You’ve seen celebrity clinical psychologist Dr. Sherry Blake, author of The Single Married Woman: True Stories of Why Women Feel All Alone in Their Marriages, keep the Braxton sisters calm on the hit show Braxton Family Values. Now it’s your turn to sit in her chair…
I am eight months pregnant with my third child. My husband of almost 12 years recently admitted to cheating and that he believes that he contracted an STD in the process. We were separated for our 10-year anniversary due to cheating and made it through that. However, once again he swears he doesn’t know what’s wrong with him. He swears he stopped it after he started but obviously still went further than it should have. I have known this man since my teen years; he was my high school crush. I am 32 now and we have two girls and another on the way. I am still awaiting results to find out if his infidelity has put my unborn child and my life at risk. I am so confused about if I should even attempt to forgive him for this or if I should even have him there when this baby is born. To top it off, I lost my brother to suicide only five months ago and I am still so shattered that I don’t trust my instincts. I don’t trust my decision-making. What should I do? I’m lost, alone and in need of advice! — Anonymous
I am certain that this is a tough time in your life and I am sorry to hear about your brother’s death. While your brother’s death and your husband’s behaviors are two different things, they both represent a loss. Neither relationship will ever be the same. After almost 12 years of marriage and two children, you find yourself eight months pregnant and worried if you and your unborn child have an STD, thanks to your husband’s cheating. Your husband has cheated before and you forgave him and continued to trust him. Once again, he has cheated and you are faced with the same issues as before. It is not a question of whether or not you should forgive him, it is a question of whether or not you want to continue to be with him. You can forgive him all day long but you don’t have to be with him. He told you that he did not know what was wrong with him. Really?

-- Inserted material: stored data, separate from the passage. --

-- ===== src/Evaluation/Distance/Table.antt =====
-- The table of `_levenshtein` against the recursion on the two words, read from their ends.
use mathlib.Core.List.{reverse, reverse_aux}
use multie_layer_kache.Prelude.{
  ℕ, suc, ◌+◌, min, ◌≡◌, ◌∙◌, refl, sym, ap, List, [], ◌∷◌, Key, ◌==◌, if◌then◌else◌, last_cell,
  length,
}
use multie_layer_kache.Evaluation.Distance.{
  count_up, edit_row, edit_round, edit_rounds, levenshtein,
}

module _ {A : Type 0} ⦃key : Key A⦄ where
  abbrev pub edits : List A → List A → ℕ
  edits [] ys = length ys
  edits (x ∷ xs) [] = suc (length xs)
  edits (x ∷ xs) (y ∷ ys) =
      let both = edits xs ys in
      let insertion = edits (x ∷ xs) ys in
      let deletion = edits xs (y ∷ ys) in
      if x == y then both else 1 + min (min both deletion) insertion

  -- the cells of a row behind the one of `sb`: `sa` and `sb` are the words read so far, last letter first
  abbrev edit_cells : List A → List A → List A → List ℕ
  edit_cells sa sb [] = []
  edit_cells sa sb (y ∷ ys) = edits sa (y ∷ sb) ∷ edit_cells sa (y ∷ sb) ys

  edit_row-edit_cells :
      (x : A) (sa sb ys : List A)
      → edit_row x ys (edits sa sb) (edit_cells sa sb ys) (edits (x ∷ sa) sb)
        ≡ edit_cells (x ∷ sa) sb ys
  unfolding edit_row
  edit_row-edit_cells x sa sb [] = refl
  edit_row-edit_cells x sa sb (y ∷ ys) =
      ap (λ l. edits (x ∷ sa) (y ∷ sb) ∷ l) (edit_row-edit_cells x sa (y ∷ sb) ys)

  pub edits-empty : (sa : List A) → edits sa [] ≡ length sa
  edits-empty [] = refl
  edits-empty (x ∷ sa) = refl

  edit_rounds-edit_cells :
      (sa xs b : List A)
      → edit_rounds (suc (length sa)) xs b (length sa ∷ edit_cells sa [] b)
        ≡ length (reverse_aux xs sa) ∷ edit_cells (reverse_aux xs sa) [] b
  unfolding edit_rounds edit_round
  edit_rounds-edit_cells sa [] b = refl
  edit_rounds-edit_cells sa (x ∷ xs) b =
      ap (λ l. edit_rounds (suc (suc (length sa))) xs b (suc (length sa) ∷ l))
        (ap (λ d. edit_row x b d (edit_cells sa [] b) (suc (length sa))) (sym (edits-empty sa))
          ∙ edit_row-edit_cells x sa [] b)
      ∙ edit_rounds-edit_cells (x ∷ sa) xs b

  edit_cells-count_up : (sb ys : List A) → edit_cells [] sb ys ≡ count_up (suc (length sb)) ys
  edit_cells-count_up sb [] = refl
  edit_cells-count_up sb (y ∷ ys) = ap (◌∷◌ (suc (length sb))) (edit_cells-count_up (y ∷ sb) ys)

  last_cell-edit_cells :
      (sa sb ys : List A)
      → last_cell (edits sa sb) (edit_cells sa sb ys) ≡ edits sa (reverse_aux ys sb)
  last_cell-edit_cells sa sb [] = refl
  last_cell-edit_cells sa sb (y ∷ ys) = last_cell-edit_cells sa (y ∷ sb) ys

  -- The table computes the recursion on the reversed words.
  pub levenshtein-reverse : (a b : List A) → levenshtein a b ≡ edits (reverse a) (reverse b)
  unfolding levenshtein
  levenshtein-reverse a b =
      ap (λ l. last_cell 0 (edit_rounds 1 a b (0 ∷ l))) (sym (edit_cells-count_up [] b))
      ∙ ap (last_cell 0) (edit_rounds-edit_cells [] a b)
      ∙ ap (λ n. last_cell n (edit_cells (reverse a) [] b)) (sym (edits-empty (reverse a)))
      ∙ last_cell-edit_cells (reverse a) [] b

Let me help him, but more importantly help you, to understand what is wrong here: He is a repeat cheater and it is likely that the only reason he is telling you now about this “fling” is because he has contracted an STD. Your husband is unfaithful and not committed to the marriage. He may be taking you for granted and believe that you will always be there for him given that you have known each other since you were teens. For whatever reason, he is “still in the streets” looking to get some needs met in all the wrong places. Now, your husband’s cheating has put you and your unborn child’s health at risk. Regardless of the test outcome, you must ask yourself: Do you want to be in this marriage and will you ever be able to truly trust your husband.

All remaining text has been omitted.